2012–2017 | 2012 (478) | 2013 (480) | 2014 (478) | 2015 (478) | 2016 (470) | 2017 (474) | F | Sig. | CV | |
---|---|---|---|---|---|---|---|---|---|---|
Shots | 12.5±4.9 | 12.2±4.7 | 12.7±5.0 | 12.4±5.2 | 12.3±4.9 | 12.3±5.0 | 13.1±4.7* | 2.12 | 0.060 | 4.9 |
Shots on target | 4.8±2.6 | 4.3±2.3 | 5.2±2.7*** | 4.9±2.8** | 4.6±2.7 | 4.7±2.7* | 4.8±2.5** | 5.88 | <0.001 | 2.6 |
Corners | 4.7±2.7 | 4.6±2.7 | 4.6±2.8 | 4.8±2.8 | 4.6±2.8 | 4.4±2.5 | 5.0±2.8 | 2.59 | 0.024 | 2.7 |
Crosses | 14.3±6.7 | 12.8±6.0 | 13.7±6.3 | 14.3±6.8** | 14.5±6.6*** | 14.9±7.2*** | 15.6±6.9*** | 10.72 | <0.001 | 6.7 |
Possession in opponent’s half | 44.5±7.5 | 43.9±7.6 | 44.6±7.4 | 44.2±7.6 | 44.3±7.5 | 45.0±7.9 | 44.9±7.2 | 1.51 | 0.182 | 7.5 |
Passes | 369.0±94.3 | 357.2±92.0 | 387.4±91.8*** | 379.2±92.9** | 362.7±94.7 | 367.0±101.1 | 360.0±90.0 | 7.67 | <0.001 | 93.8 |
Pass accuracy | 78.9±5.8 | 77.3±5.9 | 79.7±5.6*** | 79.8±5.5*** | 79.6±5.7*** | 79.5±5.9*** | 77.8±5.8 | 17.75 | <0.001 | 5.8 |
Forward passes | 124.7±25.3 | 122.1±27.2 | 127.1±27.4** | 128.3±24.5*** | 122.9±24.9 | 123.0±24.7 | 124.7±22.3 | 4.71 | <0.001 | 25.2 |
Forward pass accuracy | 63.4±8.5 | 62.7±8.8 | 65.6±9.1*** | 64.1±8.3* | 63.8±8.2 | 62.7±8.5 | 61.3±7.7 | 14.62 | <0.001 | 8.5 |
Opponent 35-m entries | 44.6±14.1 | 43.4±14.1 | 45.7±14.4* | 45.6±14.6 | 44.0±13.9 | 45.1±14.8 | 43.9±12.9 | 2.29 | 0.043 | 14.1 |
Opponent penalty area entries | 6.9±3.8 | 6.4±3.5 | 6.9±3.8 | 6.7±3.7 | 6.9±3.8 | 7.2±4.2** | 7.1±3.7* | 2.55 | 0.026 | 3.8 |
Fouls committed | 16.4±4.7 | 16.9±4.4 | 15.6±4.5*** | 16.7±4.6 | 17.1±5.1 | 15.7±4.8** | 16.1±4.6 | 8.76 | <0.001 | 4.7 |
Offsides | 2.2±1.8 | 2.2±1.7 | 2.3±1.9 | 2.2±1.8 | 2.3±1.8 | 2.2±1.8 | 2.3±1.7 | 0.80 | 0.547 | 1.8 |
Yellow cards | 2.0±1.3 | 2.1±1.3 | 2.0±1.3 | 1.9±1.3 | 1.9±1.4 | 2.0±1.4 | 2.1±1.4 | 1.91 | 0.089 | 1.3 |
p < 0.05
p < 0.01, and
p < 0.001 denote a significant difference from the 2012 season
CV = square root of estimates of covariance parameters.

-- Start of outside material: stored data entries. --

-- ===== src/Cache/Valid.antt =====
-- The invariant of the cache.
use hw6_csci.Base.{◌≡◌, ◌≢◌, ◌^◌, ◌≤◌, ◌<◌, true, Option, none, some, List, [], Bytes}
use hw6_csci.Base.Dict.{Distinct, contains, total}
use hw6_csci.Evictor.{Evictor}
use hw6_csci.Evictor.Queue.{member}
use hw6_csci.Cache.{Cache}

-- The evictor stands for the queue `q`.
abbrev pub Queued : (E : Evictor) → Option E.State → List Bytes → Type 0
Queued E none q = q ≡ []
Queued E (some s) q = E.Holds s q

-- The two maps have the same keys, the memory in use is the sum of the sizes, it is within the
-- bound, and the evictor knows every key that is stored. The bound leaves room to add a size.
pub record IsValid (E : Evictor) (c : Cache E.State) (q : List Bytes) : Type 0 where
  pub same_keys : (k : Bytes) → contains k c.vals ≡ contains k c.sizes
  pub distinct : Distinct c.sizes
  pub counted : c.current_mem ≡ total c.sizes
  pub bounded : c.current_mem ≤ c.maxmem
  pub small : c.maxmem < 2 ^ 31
  pub queued : Queued E c.evictor q
  pub known : (k : Bytes) → c.evictor ≢ none → contains k c.sizes ≡ true → member k q ≡ true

The regression lines in Figure 1 show that most of the physical performance variables, other than the total distance and total distance according to ball possession, had significant increasing trends over the six seasons. However, variability among seasons existed; for example, high-speed running and sprint-related variables had significantly lower values in season 2013 than in other seasons (p<0.001; ES: 0.31–1.15). The total sprinting distance increased by 9.8% from the 2012 season to the 2017 season (2069.7±509.3 m vs. 2272±493.6 m, p<0.001; ES: 0.40), and increased by 4.7% in the number of sprints (100.1±22.8 vs. 104.8±20.8, p<0.001; ES: 0.22). Additionally, the sprinting distance in ball possession increased by 7.6% from the 2012 season to the 2017 season (1033.6±322.2 m vs. 1112.1±318.7 m, p<0.001; ES: 0.24) and that for out of ball possession increased by 12.9% (963.3±310.4 vs. 1087.7±307.5, p<0.001; ES: 0.40). Furthermore, the high-speed running distance increased by 9.9% (2568.4±503.5 m vs. 2823.1±479.2 m, p<0.001; ES: 0.52), high-speed effort increased by 9.2% (187.5±36.1 vs. 204.7±33.7, p<0.001; ES: 0.49), high-speed running distance in ball possession increased by 6.6% (1131.1±278 vs. 1205.4±275.3, p<0.001; ES: 0.27), and high-speed running distance out of ball possession increased by 14.6% (1301.8±314.5 vs. 1491.5±331.8, p<0.001; ES: 0.59). However, the total distance in ball possession (p>0.05, ES: 0.15) and out of ball possession (p >0.05, ES: 0.04) did not significantly differ between the 2012 and 2017 seasons.
DISCUSSION
To our knowledge, the present study is the first to explore the temporal evolution of physical and technical parameters of teams participating in the CSL. The present study found that the high-intensity running distance increased substantially over the six seasons, while the total running distance did not clearly change. Regarding technical performance variables, crosses, shots on target, and opponent penalty area entries showed increasing trends, whereas passing-related variables showed peak values in seasons 2013 and 2014.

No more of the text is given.